# Nhra aa/a



## Old Coyote (May 8, 2013)

.... based on the beautiful Reschlein & Trisch altered ......... a phantom NHRA AA/A Bantam roadster


----------



## scottnkat (May 11, 2006)

that's sharp! I need to try one of those some day


----------



## -Hemi- (May 5, 2014)

-Where'd ya get the "Big John" decals from? I'd LOVE to find a small set of them! OR have someone print them for me! (Gotta real good model to use them one!)

NICE work too, that Hemi looks GREAT! The whole kits looks awesome, and thats saying something coming from me as I'm not a big "racer" kinda guy so......


----------



## Old Coyote (May 8, 2013)

-Hemi- said:


> -Where'd ya get the "Big John" decals from? I'd LOVE to find a small set of them! OR have someone print them for me! (Gotta real good model to use them one!)
> 
> NICE work too, that Hemi looks GREAT! The whole kits looks awesome, and thats saying something coming from me as I'm not a big "racer" kinda guy so......

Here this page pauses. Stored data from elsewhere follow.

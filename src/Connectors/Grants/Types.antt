-- ===== src/Connectors/Grants/Types.antt =====
-- The data of src-tauri/src/connectors/grants.rs: operations, consents, grants and active reads.
use desktop_ai_dashboard.Prelude.{
  ℕ, ℤ, String, Bool, true, false, ◌||◌, ◌≡◌, ◌↔◌, List, ◌==◌, string_eq, any, AppError, arith,
  PartialEq,
}

pub data ReadOperation : Type 0 where
  gmail_list_metadata calendar_list_events : ReadOperation

abbrev pub same_operation : ReadOperation → ReadOperation → Bool
same_operation gmail_list_metadata gmail_list_metadata = true
same_operation calendar_list_events calendar_list_events = true
same_operation _ _ = false

pub same_operation_iff : (a b : ReadOperation) → (same_operation a b ≡ true) ↔ (a ≡ b)
same_operation_iff a b = ground arith

instance abbrev pub operation_eq : PartialEq ReadOperation
operation_eq = record { equal = same_operation; equal_iff = same_operation_iff }

unfoldable pub category : ReadOperation → String
category gmail_list_metadata = "gmail.metadata"
category calendar_list_events = "calendar.events"

-- `ALLOWED_SCOPES` of connectors.rs, by its three entries.
abbrev pub gmail_metadata_scope : String
gmail_metadata_scope = "https://www.googleapis.com/auth/gmail.metadata"

abbrev pub gmail_readonly_scope : String
gmail_readonly_scope = "https://www.googleapis.com/auth/gmail.readonly"

abbrev pub calendar_readonly_scope : String
calendar_readonly_scope = "https://www.googleapis.com/auth/calendar.readonly"

unfoldable pub scope_allowed : ReadOperation → List String → Bool
scope_allowed gmail_list_metadata scopes =
    any (λ s. s == gmail_metadata_scope || s == gmail_readonly_scope) scopes
scope_allowed calendar_list_events scopes = any (λ s. s == calendar_readonly_scope) scopes

pub record EgressConsent : Type 0 where
  pub runtime_origin : String
  pub model_origin : String
  pub data_categories : List String
  pub consented : Bool
  pub retention : String

pub record GrantRequest : Type 0 where
  pub workspace_id : String
  pub device_id : String
  pub connection_id : String
  pub operations : List ReadOperation
  pub expires_at : String
  pub account_read_consented : Bool
  pub egress : EgressConsent

pub record ConnectorGrant : Type 0 where
  pub grant_id : String
  pub generation : ℕ  -- u64
  pub scope : GrantRequest

-- `args` is the JSON text of the call; nothing here reads it.
pub record RuntimeReadContext : Type 0 where
  pub workspace_id : String
  pub run_id : String
  pub device_id : String
  pub connection_id : String
  pub grant_id : String
  pub generation : ℕ  -- u64
  pub runtime_origin : String
  pub model_origin : String
  pub operation : ReadOperation
  pub args : String
  pub expires_at : String

-- A `CancellationToken` is shared by its clones: the model names each token by a number.
abbrev pub Token : Type 0
Token = ℕ

pub record ActiveRead : Type 0 where
  pub id : String
  pub context : RuntimeReadContext
  pub cancel : Token

-- A key `(workspace, run)` of `cancelled_runs`, with the instant until which it is kept.
pub record RunFence : Type 0 where
  pub workspace : String
  pub run : String
  pub until : ℤ

-- `cancelled` holds the tokens on which `cancel()` was called.
pub record Grants : Type 0 where
  pub items : List (String × ConnectorGrant)
  pub active : List (String × ActiveRead)
  pub cancelled_runs : List RunFence
  pub cancelled : List Token

abbrev pub denied : AppError
denied = record {
  code = "connector_grant_denied";
  message = "This read does not have a current scoped account and model-egress grant.";
}

abbrev pub too_many_grants : AppError
too_many_grants = record { code = "connector_limit"; message = "Too many active account grants." }

abbrev pub cancellations_full : AppError
cancellations_full = record {
  code = "connector_limit";
  message = "Workspace account grants were revoked because the cancellation limit was reached.";
}

abbrev pub read_pending : AppError
read_pending = record {
  code = "connector_pending";
  message = "This connection already has an active read.";
}

abbrev pub max_grant_ms : ℕ
max_grant_ms = 3600000

abbrev pub max_read_ms : ℕ
max_read_ms = 120000

abbrev pub max_grants : ℕ
max_grants = 128

abbrev pub max_cancelled_runs : ℕ
max_cancelled_runs = 256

The decals came from a Revell "Big John" Mazmanian '41 Willys AA/GS kit :thumbsup:


----------



## -Hemi- (May 5, 2014)

Old Coyote said:


> The decals came from a Revell "Big John" Mazmanian '41 Willys AA/GS kit :thumbsup:


Does Revell still make the kit? I'll have to look and see about getting one, Its a Willy's so...


----------



## Old Coyote (May 8, 2013)

-Hemi- said:


> Does Revell still make the kit? I'll have to look and see about getting one, Its a Willy's so...


Yes sir, the kit is still available :thumbsup:


----------



## -Hemi- (May 5, 2014)

-good deal! I'll be lookin into that!

Thanks for the info on the kit man!


----------